Plastik ist umgangssprachlich für Kunststoff. Das hat nichts mit einmaliger Verwendbarkeit zu tun. Und über das Attribut "billig" sagt das auch nichts aus.
Das englische Wort für Kunststoff ist z.B. auch einfach "plastic" oder "sythetic".

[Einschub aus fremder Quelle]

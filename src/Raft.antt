-- ===== src/Raft.antt =====
-- include/kv/raft.h and src/raft.cpp: one Raft node. The mutex `mu_` is held over each part that
-- touches the node, so each such part is a function on the node's state; what other threads do while
-- the mutex is free stands between two of these. The transport, the clock and the random numbers are
-- arguments.
pub mod Types
pub mod Node
pub mod Rpc
pub mod Propose
pub mod Loops
pub mod Transport
pub mod Elections
pub mod Steps
pub mod Votes
pub mod Replication
pub mod Commit
pub mod Apply
mod Tests
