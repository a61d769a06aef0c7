-- ===== src/Raft/Types.antt =====
-- The messages, the log entries and the state of a node, of include/kv/raft.h. Node ids are natural
-- numbers; the peers' maps of indices are association lists.
use veri_store.Common.{ℕ, Bool, Option, none, List, [], ◌∷◌, ◌==◌, ◌^◌, Bytes, some, if◌then◌else◌}

pub data RaftRole : Type 0 where
  follower candidate leader : RaftRole

pub data OpType : Type 0 where
  put_op del_op : OpType

pub record LogEntry : Type 0 where
  pub term : ℕ
  pub op : OpType
  pub key : Bytes
  pub value : Bytes

pub record RequestVoteReq : Type 0 where
  pub term : ℕ
  pub candidate_id : ℕ
  pub last_log_index : ℕ
  pub last_log_term : ℕ

pub record RequestVoteResp : Type 0 where
  pub term : ℕ
  pub vote_granted : Bool

pub record AppendEntriesReq : Type 0 where
  pub term : ℕ
  pub leader_id : ℕ
  pub prev_log_index : ℕ
  pub prev_log_term : ℕ
  pub entries : List LogEntry
  pub leader_commit : ℕ

pub record AppendEntriesResp : Type 0 where
  pub term : ℕ
  pub success : Bool

-- `std::unordered_map<int, uint64_t>`
abbrev pub IndexMap : Type 0
IndexMap = List (ℕ × ℕ)

unfoldable pub index_of : ℕ → IndexMap → Option ℕ
index_of p [] = none
index_of p ((q, i) ∷ m) = if q == p then some i else index_of p m

unfoldable pub set_index : ℕ → ℕ → IndexMap → IndexMap
set_index p i [] = (p, i) ∷ []
set_index p i ((q, j) ∷ m) =
    let rest = set_index p i m in if q == p then (p, i) ∷ m else (q, j) ∷ rest

pub record RaftNode : Type 0 where
  pub id : ℕ
  pub peers : List ℕ
  pub current_term : ℕ
  pub voted_for : Option ℕ
  pub log : List LogEntry
  pub role : RaftRole
  pub leader_id : Option ℕ
  pub commit_index : ℕ
  pub last_applied : ℕ
  pub next_index : IndexMap
  pub match_index : IndexMap
  pub last_heard : ℕ
  pub election_timeout : ℕ

-- What one locked part takes from outside: the reading of the steady clock, in milliseconds, and
-- the number that `uniform_int_distribution` draws.
pub record Env : Type 0 where
  pub now : ℕ
  pub draw : ℕ

abbrev pub u64_mod : ℕ
u64_mod = 2 ^ 64

-- The constructor.
unfoldable pub new_node : ℕ → List ℕ → RaftNode
new_node id peers = record {
  id = id;
  peers = peers;
  current_term = 0;
  voted_for = none;
  log = [];
  role = follower;
  leader_id = none;
  commit_index = 0;
  last_applied = 0;
  next_index = [];
  match_index = [];
  last_heard = 0;
  election_timeout = 200;
}
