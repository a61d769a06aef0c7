-- ===== src/Raft/Node.antt =====
-- The `…Locked` helpers of `RaftNode`.
use veri_store.Common.{
  ℕ, ◌+◌, ◌-◌, ◌/◌, ◌%◌, Bool, true, false, not, ◌&&◌, ◌||◌, Option, none, some, List, [], ◌∷◌,
  length, get_elem?, get_or, drop, ltb, leb, ◌==◌, if◌then◌else◌,
}
use veri_store.Raft.Types.{
  RaftNode, follower, candidate, leader, LogEntry, AppendEntriesReq, IndexMap, index_of, set_index,
  Env, u64_mod,
}

unfoldable pub last_log_index : RaftNode → ℕ
last_log_index n = length n.log

abbrev pub entry_term : Option LogEntry → ℕ
entry_term none = 0
entry_term (some e) = e.term

unfoldable pub last_log_term : RaftNode → ℕ
last_log_term n = entry_term (get_elem? n.log (length n.log - 1))

unfoldable pub term_at : RaftNode → ℕ → ℕ
term_at n idx =
    if idx == 0
    then 0
    else if ltb (length n.log) idx
    then 0
    else entry_term (get_elem? n.log (idx - 1))

unfoldable pub is_leader : RaftNode → Bool
is_leader n = elim n.role [ leader ↦ true | _ ↦ false ]

unfoldable pub is_candidate : RaftNode → Bool
is_candidate n = elim n.role [ candidate ↦ true | _ ↦ false ]

unfoldable pub reset_election_timeout : Env → RaftNode → RaftNode
reset_election_timeout env n = record n { election_timeout = env.draw }

unfoldable pub is_up_to_date : RaftNode → ℕ → ℕ → Bool
unfolding last_log_index last_log_term
is_up_to_date n cand_last_idx cand_last_term =
    let my_term = last_log_term n in
    let my_idx = last_log_index n in
    if not (cand_last_term == my_term) then ltb my_term cand_last_term else leb my_idx cand_last_idx

unfoldable pub become_follower : Env → ℕ → Option ℕ → RaftNode → RaftNode
unfolding reset_election_timeout
become_follower env new_term new_leader n = reset_election_timeout env (record n {
  role = follower;
  leader_id = new_leader;
  current_term = new_term;
  voted_for = none;
  last_heard = env.now;
})

unfoldable pub become_candidate : Env → RaftNode → RaftNode
unfolding reset_election_timeout
become_candidate env n = reset_election_timeout env (record n {
  role = candidate;
  leader_id = none;
  current_term = (n.current_term + 1) % u64_mod;
  voted_for = some n.id;
  last_heard = env.now;
})

-- The loop over the peers that starts `next_index_` and `match_index_`.
unfoldable pub init_indices : List ℕ → ℕ → IndexMap × IndexMap → IndexMap × IndexMap
init_indices [] last m = m
init_indices (p ∷ ps) last (next, matched) =
    init_indices ps last (set_index p (last + 1) next, set_index p 0 matched)

unfoldable pub become_leader : RaftNode → RaftNode
unfolding init_indices last_log_index
become_leader n =
    let (next, matched) = init_indices n.peers (last_log_index n) (n.next_index, n.match_index) in
    record n { role = leader; leader_id = some n.id; next_index = next; match_index = matched }

-- `std::sort` of numbers, in ascending order.
unfoldable pub insert_sorted : ℕ → List ℕ → List ℕ
insert_sorted x [] = x ∷ []
insert_sorted x (y ∷ ys) = let rest = insert_sorted x ys in if leb x y then x ∷ y ∷ ys else y ∷ rest

unfoldable pub sort : List ℕ → List ℕ
unfolding insert_sorted
sort [] = []
sort (x ∷ xs) = insert_sorted x (sort xs)

abbrev pub indices : IndexMap → List ℕ
indices [] = []
indices ((p, i) ∷ m) = i ∷ indices m

-- The leader's own last index, then `match_index_`.
unfoldable pub match_values : RaftNode → List ℕ
unfolding last_log_index
match_values n = last_log_index n ∷ indices n.match_index

unfoldable pub majority_index : List ℕ → ℕ
unfolding sort
majority_index values = get_or (sort values) (length values / 2) 0

unfoldable pub advance_commit_index : RaftNode → RaftNode
unfolding match_values majority_index term_at
advance_commit_index n =
    let candidate_index = majority_index (match_values n) in
    if ltb n.commit_index candidate_index && (term_at n candidate_index == n.current_term)
    then record n { commit_index = candidate_index }
    else n

abbrev pub or_one : Option ℕ → ℕ
or_one none = 1
or_one (some i) = i

unfoldable pub build_append_entries : RaftNode → ℕ → AppendEntriesReq
unfolding term_at
build_append_entries n peer_id =
    let next = or_one (index_of peer_id n.next_index) in
    let prev = if next == 0 || next == 1 then 0 else next - 1 in
    record {
      term = n.current_term;
      leader_id = n.id;
      prev_log_index = prev;
      prev_log_term = term_at n prev;
      entries = if leb 1 next && leb next (length n.log) then drop (next - 1) n.log else [];
      leader_commit = n.commit_index;
    }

Plastik bedeutet einfach in etwa "geformt". Die Kunststoffe unterteilen sich ja auch in die Thermoplaste, Elastomere und Duromere (Duroplaste sollte man nicht sage, ist irreführend).
Und da die Thermoplaste, wie z.B. Zelluloid, schmelzbar und formbar sind, sagte man "Plaste" oder "Plastik". Eine genaue Trennung in der Literatur wäre mir nicht bekannt.


----------



## McClaine (22. Mai 2012)

*AW: Samsung Galaxy S3 Gehäuse ist nun aus Polycarbonat*

Ja aber bereits in der Berufschule wurde jedem Kunststoffspritzer erklärt das "Plastik" mehr ein Umgangswort ist und dabei für billig etc steht. Daher mein Versuch das etwas zu erläutern. 
Natürlich hast du mit deinem Post Recht, aber du weisst bestimmt worauf ich hinaus will


----------



## FreezerX (22. Mai 2012)

*AW: Samsung Galaxy S3 Gehäuse ist nun aus Polycarbonat*

Dass das Wort "Plastik" eine minderwertigere Assoziation als "Kunststoff" hat, ist richtig. 
Wenn du deinen Kunststoff noch besser verkaufen willst, nenne ihn "organisches Polymer". 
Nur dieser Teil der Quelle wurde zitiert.